REQUIRED WORK = Every line in the records below that holds the word "Bisection" is to be copied.

BEGIN SUPPLIED INFORMATION

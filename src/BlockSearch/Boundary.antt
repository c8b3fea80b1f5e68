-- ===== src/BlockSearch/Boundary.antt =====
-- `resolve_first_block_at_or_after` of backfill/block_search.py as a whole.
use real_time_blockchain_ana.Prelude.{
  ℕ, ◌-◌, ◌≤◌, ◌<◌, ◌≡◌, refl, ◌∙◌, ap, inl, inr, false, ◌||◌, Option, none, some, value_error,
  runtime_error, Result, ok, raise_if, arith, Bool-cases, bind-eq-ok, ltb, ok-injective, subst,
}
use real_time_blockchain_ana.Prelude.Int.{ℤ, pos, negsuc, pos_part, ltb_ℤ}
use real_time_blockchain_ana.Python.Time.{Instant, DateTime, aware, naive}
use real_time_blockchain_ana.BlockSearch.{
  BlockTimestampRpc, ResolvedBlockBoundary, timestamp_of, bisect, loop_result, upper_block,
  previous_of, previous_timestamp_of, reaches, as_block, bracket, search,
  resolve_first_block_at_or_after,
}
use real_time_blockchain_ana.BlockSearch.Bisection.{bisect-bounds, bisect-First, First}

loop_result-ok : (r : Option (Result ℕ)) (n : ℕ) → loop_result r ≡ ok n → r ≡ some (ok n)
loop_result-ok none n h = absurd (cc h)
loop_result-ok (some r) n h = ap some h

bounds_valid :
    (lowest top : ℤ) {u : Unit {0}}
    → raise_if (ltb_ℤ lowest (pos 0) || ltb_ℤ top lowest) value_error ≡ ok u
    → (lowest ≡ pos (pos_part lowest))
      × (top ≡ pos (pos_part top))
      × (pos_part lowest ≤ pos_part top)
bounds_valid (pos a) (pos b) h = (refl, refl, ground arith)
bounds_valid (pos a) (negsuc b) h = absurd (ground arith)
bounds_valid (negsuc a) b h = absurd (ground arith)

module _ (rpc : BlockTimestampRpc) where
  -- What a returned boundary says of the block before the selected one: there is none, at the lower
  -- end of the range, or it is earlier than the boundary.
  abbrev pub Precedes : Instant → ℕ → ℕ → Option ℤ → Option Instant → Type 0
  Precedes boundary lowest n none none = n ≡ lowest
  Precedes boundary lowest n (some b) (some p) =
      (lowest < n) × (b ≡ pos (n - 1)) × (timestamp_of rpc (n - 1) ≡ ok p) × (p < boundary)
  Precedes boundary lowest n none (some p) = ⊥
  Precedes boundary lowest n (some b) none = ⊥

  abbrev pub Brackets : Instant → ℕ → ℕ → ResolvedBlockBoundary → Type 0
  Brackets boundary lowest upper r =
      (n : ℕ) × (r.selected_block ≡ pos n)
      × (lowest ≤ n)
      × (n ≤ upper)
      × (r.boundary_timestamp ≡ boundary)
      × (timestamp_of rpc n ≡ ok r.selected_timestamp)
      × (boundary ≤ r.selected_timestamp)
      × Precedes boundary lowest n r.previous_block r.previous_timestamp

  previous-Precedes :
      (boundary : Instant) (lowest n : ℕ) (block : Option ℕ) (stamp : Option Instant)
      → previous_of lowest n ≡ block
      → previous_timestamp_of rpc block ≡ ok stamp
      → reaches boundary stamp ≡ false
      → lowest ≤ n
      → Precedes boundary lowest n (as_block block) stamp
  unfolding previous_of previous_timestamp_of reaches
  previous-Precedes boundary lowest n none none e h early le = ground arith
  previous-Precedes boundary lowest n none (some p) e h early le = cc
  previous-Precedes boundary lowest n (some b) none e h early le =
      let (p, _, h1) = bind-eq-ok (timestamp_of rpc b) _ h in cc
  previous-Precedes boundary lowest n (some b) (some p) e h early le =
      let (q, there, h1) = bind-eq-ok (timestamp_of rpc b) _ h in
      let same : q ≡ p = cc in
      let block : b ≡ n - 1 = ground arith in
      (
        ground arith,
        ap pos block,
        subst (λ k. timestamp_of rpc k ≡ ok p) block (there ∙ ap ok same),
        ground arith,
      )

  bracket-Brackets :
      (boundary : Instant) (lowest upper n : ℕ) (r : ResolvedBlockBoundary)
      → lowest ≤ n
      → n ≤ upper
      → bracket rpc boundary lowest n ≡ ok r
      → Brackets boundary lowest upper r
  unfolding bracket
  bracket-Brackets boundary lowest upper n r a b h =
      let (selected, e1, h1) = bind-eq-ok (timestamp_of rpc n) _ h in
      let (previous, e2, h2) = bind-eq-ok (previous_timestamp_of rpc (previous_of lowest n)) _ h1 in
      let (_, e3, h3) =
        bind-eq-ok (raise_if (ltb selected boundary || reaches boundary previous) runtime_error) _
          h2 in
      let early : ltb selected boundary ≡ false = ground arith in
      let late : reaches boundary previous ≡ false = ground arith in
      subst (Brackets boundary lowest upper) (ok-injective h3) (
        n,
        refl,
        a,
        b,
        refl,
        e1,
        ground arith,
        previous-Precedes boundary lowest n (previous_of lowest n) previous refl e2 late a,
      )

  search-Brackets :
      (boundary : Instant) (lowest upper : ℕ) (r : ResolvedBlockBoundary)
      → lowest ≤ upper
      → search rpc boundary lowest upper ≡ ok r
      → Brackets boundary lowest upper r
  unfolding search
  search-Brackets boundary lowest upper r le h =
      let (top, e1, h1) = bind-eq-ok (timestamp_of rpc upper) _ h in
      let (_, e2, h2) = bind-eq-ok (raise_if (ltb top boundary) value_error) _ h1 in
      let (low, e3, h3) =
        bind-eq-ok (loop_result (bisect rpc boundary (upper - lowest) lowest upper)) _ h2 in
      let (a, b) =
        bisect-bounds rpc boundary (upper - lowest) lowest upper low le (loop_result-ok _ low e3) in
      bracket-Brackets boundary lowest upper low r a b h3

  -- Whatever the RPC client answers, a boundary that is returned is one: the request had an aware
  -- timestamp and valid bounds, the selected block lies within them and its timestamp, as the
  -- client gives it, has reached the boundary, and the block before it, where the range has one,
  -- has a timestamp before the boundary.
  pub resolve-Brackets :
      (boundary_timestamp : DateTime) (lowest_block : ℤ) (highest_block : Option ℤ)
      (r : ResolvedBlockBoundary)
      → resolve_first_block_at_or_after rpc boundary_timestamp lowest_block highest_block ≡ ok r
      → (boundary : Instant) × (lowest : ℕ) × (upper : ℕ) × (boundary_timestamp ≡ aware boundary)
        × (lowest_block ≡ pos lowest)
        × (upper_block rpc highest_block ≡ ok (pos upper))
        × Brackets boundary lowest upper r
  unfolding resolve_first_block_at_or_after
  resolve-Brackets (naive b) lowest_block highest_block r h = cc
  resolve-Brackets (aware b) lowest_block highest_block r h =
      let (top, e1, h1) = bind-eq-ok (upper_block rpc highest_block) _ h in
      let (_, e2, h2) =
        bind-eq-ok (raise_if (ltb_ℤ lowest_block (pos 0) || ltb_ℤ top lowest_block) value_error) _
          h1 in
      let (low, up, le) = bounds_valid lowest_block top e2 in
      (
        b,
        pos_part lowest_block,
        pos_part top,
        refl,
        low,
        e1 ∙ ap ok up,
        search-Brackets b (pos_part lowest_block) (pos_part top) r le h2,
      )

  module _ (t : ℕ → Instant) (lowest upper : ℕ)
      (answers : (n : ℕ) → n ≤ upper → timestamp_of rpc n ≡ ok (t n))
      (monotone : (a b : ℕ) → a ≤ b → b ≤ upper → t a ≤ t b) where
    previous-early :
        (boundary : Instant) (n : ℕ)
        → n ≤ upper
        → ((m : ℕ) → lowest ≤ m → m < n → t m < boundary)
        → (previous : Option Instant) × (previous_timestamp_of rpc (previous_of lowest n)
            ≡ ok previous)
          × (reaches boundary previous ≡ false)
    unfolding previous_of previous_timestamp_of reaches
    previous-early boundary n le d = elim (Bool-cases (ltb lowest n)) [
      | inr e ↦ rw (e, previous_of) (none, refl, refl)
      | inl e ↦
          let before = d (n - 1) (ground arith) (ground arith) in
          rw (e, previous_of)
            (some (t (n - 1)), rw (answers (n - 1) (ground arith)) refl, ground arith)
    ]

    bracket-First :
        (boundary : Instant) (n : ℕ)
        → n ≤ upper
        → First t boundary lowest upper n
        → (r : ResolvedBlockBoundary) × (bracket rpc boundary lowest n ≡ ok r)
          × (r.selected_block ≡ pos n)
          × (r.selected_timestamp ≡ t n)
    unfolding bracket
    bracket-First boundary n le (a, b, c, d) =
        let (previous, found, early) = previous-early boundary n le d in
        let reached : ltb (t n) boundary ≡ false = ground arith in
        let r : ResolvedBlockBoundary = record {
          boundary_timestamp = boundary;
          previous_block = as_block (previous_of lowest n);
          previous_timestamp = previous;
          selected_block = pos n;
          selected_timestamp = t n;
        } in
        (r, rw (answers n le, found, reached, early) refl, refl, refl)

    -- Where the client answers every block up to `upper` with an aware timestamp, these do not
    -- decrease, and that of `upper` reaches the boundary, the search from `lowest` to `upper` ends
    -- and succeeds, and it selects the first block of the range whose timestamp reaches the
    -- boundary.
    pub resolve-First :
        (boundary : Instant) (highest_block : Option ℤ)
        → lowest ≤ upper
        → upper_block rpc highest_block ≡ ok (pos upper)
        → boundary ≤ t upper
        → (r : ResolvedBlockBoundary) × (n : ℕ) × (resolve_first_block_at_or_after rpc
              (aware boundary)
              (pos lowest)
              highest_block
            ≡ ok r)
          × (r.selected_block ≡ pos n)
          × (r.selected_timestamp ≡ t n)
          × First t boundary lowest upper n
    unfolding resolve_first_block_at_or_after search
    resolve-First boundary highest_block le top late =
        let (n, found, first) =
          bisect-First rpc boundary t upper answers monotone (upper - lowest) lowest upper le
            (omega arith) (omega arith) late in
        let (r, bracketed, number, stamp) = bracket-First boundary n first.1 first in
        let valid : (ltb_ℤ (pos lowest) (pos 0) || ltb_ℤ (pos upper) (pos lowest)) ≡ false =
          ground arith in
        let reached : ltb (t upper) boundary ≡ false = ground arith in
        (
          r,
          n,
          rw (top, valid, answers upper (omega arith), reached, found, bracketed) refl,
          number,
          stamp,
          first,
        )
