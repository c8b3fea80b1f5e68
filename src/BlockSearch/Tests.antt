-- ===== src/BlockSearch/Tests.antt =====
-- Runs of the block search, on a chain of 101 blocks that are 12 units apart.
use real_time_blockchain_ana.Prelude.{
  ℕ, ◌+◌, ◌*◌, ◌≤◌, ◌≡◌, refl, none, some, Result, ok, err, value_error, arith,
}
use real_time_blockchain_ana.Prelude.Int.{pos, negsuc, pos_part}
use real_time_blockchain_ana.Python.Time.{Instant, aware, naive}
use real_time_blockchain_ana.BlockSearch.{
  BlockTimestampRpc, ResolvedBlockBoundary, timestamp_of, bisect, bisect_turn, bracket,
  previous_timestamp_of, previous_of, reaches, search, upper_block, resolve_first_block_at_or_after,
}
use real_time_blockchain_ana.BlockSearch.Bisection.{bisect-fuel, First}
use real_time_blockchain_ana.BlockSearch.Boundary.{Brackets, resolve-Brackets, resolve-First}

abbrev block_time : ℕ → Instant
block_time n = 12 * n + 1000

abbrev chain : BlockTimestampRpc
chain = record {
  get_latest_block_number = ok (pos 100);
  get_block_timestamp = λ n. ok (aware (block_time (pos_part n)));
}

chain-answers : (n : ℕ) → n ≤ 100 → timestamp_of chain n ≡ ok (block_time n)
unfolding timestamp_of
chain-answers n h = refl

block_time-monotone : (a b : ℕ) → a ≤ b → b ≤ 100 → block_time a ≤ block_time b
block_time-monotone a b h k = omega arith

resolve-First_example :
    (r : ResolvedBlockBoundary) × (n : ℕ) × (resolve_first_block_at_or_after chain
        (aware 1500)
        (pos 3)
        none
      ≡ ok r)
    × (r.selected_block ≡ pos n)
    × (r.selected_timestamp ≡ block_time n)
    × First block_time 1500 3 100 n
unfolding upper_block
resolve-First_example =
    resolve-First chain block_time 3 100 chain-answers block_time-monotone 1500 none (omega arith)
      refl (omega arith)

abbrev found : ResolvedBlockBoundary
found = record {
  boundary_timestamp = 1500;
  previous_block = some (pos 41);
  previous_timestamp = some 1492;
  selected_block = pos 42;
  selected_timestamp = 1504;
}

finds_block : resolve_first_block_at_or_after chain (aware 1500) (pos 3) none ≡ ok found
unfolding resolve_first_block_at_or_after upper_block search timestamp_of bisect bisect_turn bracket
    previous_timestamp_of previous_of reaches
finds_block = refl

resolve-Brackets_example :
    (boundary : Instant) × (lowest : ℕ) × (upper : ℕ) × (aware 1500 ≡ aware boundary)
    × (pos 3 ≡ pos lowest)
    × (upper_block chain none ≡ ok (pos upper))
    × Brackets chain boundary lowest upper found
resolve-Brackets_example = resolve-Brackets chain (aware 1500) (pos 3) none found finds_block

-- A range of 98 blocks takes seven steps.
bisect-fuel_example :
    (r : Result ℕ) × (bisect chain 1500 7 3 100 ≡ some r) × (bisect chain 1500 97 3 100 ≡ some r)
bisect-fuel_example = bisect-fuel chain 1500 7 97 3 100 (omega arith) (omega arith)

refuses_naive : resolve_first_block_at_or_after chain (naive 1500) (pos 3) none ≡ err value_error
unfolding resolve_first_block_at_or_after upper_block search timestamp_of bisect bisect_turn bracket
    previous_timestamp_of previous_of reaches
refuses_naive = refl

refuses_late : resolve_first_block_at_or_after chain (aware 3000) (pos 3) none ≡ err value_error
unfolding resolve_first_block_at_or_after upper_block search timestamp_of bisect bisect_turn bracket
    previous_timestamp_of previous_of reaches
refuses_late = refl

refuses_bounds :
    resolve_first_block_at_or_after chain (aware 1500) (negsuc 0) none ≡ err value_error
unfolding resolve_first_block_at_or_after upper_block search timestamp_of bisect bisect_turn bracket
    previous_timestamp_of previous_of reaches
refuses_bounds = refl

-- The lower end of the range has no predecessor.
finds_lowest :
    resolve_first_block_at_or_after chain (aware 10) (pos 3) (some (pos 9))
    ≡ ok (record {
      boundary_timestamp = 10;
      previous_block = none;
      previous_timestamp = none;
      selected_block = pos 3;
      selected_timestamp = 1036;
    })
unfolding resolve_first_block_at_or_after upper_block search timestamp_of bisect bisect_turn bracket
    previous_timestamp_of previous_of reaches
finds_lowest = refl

END SUPPLIED INFORMATION

FINAL ANSWER =
use real_time_blockchain_ana.BlockSearch.Bisection.{bisect-bounds, bisect-First, First}
use real_time_blockchain_ana.BlockSearch.Bisection.{bisect-fuel, First}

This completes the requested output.